Okay. So, we now see that we can find these clinically. We kinda can see a histological section, showing kind of what happens. And so, the gutta-percha dies out against that block. And then, back to another case. I’m gonna show this next week, because we’re gonna talk about how to manage some other things. But again, this is the posterior abutment of a bridge! And it’s pretty good endodontics. I don’t necessarily like posts in the mesial roots. Maybe if it’s a passive fiber post, but not metal. And then, of course, we’re short again. And of course, there is breakdown, and now we have a lesion of endodontic origin. And then, what to do? What to do about that?

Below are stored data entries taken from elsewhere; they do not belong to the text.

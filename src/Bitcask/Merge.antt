-- ===== src/Bitcask/Merge.antt =====
-- merge: the logs written anew from the table. The hint file that it writes at the end is left out.
pub mod Rooms
pub mod Kept
use cpp_experiments.Common.{ℕ, zero, suc, ◌+◌, List, [], ◌∷◌, leb, if◌then◌else◌, length}
use cpp_experiments.Common.Bytes.{Bytes}
use cpp_experiments.Common.Dict.{Dict}
use cpp_experiments.Bitcask.{KeyDirValue, Bitcask, read_value, set}

-- The store that writes the new logs, which are not there before.
abbrev pub new_logs : Bitcask
new_logs = record { key_dir = []; curr_id = 0; logs = λ _. [] }

-- The loop over the table: each value is read from its old log and written as `set` writes. The
-- clock is read for each entry, by the number of entries behind it.
unfoldable pub merge_entries : (ℕ → ℕ) → (ℕ → Bytes) → Dict KeyDirValue → Bitcask → Bitcask
merge_entries clock old [] m = m
merge_entries clock old ((key, v) ∷ dir) m =
    merge_entries clock old dir (set (clock (length dir)) key (read_value v (old v.id)) m)

-- The new logs take the places of the old ones, up to the last of them.
unfoldable pub merge : (ℕ → ℕ) → Bitcask → Bitcask
merge clock b =
    let m = merge_entries clock b.logs b.key_dir new_logs in
    record m { logs = λ j. if leb j m.curr_id then m.logs j else b.logs j }
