-- ===== src/Bitcask/Placing.antt =====
-- `set` and `erase` keep the table within the logs.
use cpp_experiments.Common.{
  ℕ, ◌+◌, ◌≤◌, ◌≡◌, ap, sym, subst, ◌∙◌, Bool, true, false, none, some, arith, if◌then◌else◌,
  length, length-append,
}
use cpp_experiments.Common.Bytes.{Bytes, ◌=ᵇ◌}
use cpp_experiments.Common.Dict.{lookup}
use cpp_experiments.Bitcask.{
  KeyDirValue, FileEntry, Bitcask, kd, tombstone, entry_bytes, append_to, set, delete,
}
use mathlib.Core.Option.{some-injective}
use cpp_experiments.Bitcask.Values.{
  length-append_to, entry_bytes-split, length-before_value, before_value, same,
}
use cpp_experiments.Bitcask.Lookup.{
  Placed, Fits, entry_of, logs-set, lookup-set, vpos-lem, vsize-lem, logs-delete, lookup-delete,
}

-- An operation that appends to one log and keeps an entry keeps it within its log.
stays :
    (b c : Bitcask) (id : ℕ) (bytes : Bytes) (w : KeyDirValue)
    → c.logs ≡ append_to id bytes b.logs
    → w.vpos + w.vsize ≤ length (b.logs w.id)
    → w.vpos + w.vsize ≤ length (c.logs w.id)
stays b c id bytes w e h = rw e (omega (arith, length-append_to b id bytes w.id))

pub length-entry_bytes : (e : FileEntry) → length (entry_bytes e) ≡ 16 + length e.key + length e.val
length-entry_bytes e = omega (
  arith,
  ap length (entry_bytes-split e),
  length-append (before_value e) e.val,
  length-before_value e,
)

-- A log after an entry has been written to it.
pub length-written :
    (b : Bitcask) (e : FileEntry)
    → length (append_to b.curr_id (entry_bytes e) b.logs b.curr_id)
      ≡ length (b.logs b.curr_id) + 16 + length e.key + length e.val
length-written b e =
    rw (same b.curr_id)
      (omega (arith, length-append (b.logs b.curr_id) (entry_bytes e), length-entry_bytes e))

module _ (now : ℕ) (k v : Bytes) (b : Bitcask) where
  new_placed :
      Fits now k v b
      → (kd (entry_of now k v b) b.curr_id).vpos + (kd (entry_of now k v b) b.curr_id).vsize
        ≤ length ((set now k v b).logs b.curr_id)
  new_placed fits =
      rw (vpos-lem now k v b fits, vsize-lem now k v b fits, logs-set now k v b)
        (omega (arith, length-written b (entry_of now k v b)))

  pub set-Placed : Placed b → Fits now k v b → Placed (set now k v b)
  set-Placed placed fits j w h = go (k =ᵇ j) (sym (lookup-set now k v b j) ∙ h)
    where
      go :
          (t : Bool)
          → (if t then some (kd (entry_of now k v b) b.curr_id) else lookup j b.key_dir) ≡ some w
          → w.vpos + w.vsize ≤ length ((set now k v b).logs w.id)
      go true e =
          subst (λ u. u.vpos + u.vsize ≤ length ((set now k v b).logs u.id)) (some-injective _ _ e)
            (new_placed fits)
      go false e =
          stays b (set now k v b) b.curr_id (entry_bytes (entry_of now k v b)) w
            (logs-set now k v b) (placed j w e)

pub delete-Placed : (k : Bytes) (b : Bitcask) → Placed b → Placed (delete k b).1
delete-Placed k b placed j w h = go (k =ᵇ j) (sym (lookup-delete k b j) ∙ h)
  where
    go :
        (t : Bool)
        → (if t then none else lookup j b.key_dir) ≡ some w
        → w.vpos + w.vsize ≤ length ((delete k b).1.logs w.id)
    go true e = ground arith
    go false e =
        stays b (delete k b).1 b.curr_id (entry_bytes (tombstone k)) w (logs-delete k b)
          (placed j w e)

So, we see this all the time. So, whenever I see a filling material short, radiographically, and the patient’s having symptoms, or the lesion’s getting bigger, where there was no lesion, I’m immediately thinking, probably a blocked canal. Let’s look at the blocked canal. So, you get your access cut, right? And then, you take usually your first hand file, might be a stainless steel 10, and you start working that file in. And there’s two problems we have that I’m going to identify today. We have mechanical problems, and we have anatomical problems. When you put those two together, it’s synergistic. It’s one plus one is three.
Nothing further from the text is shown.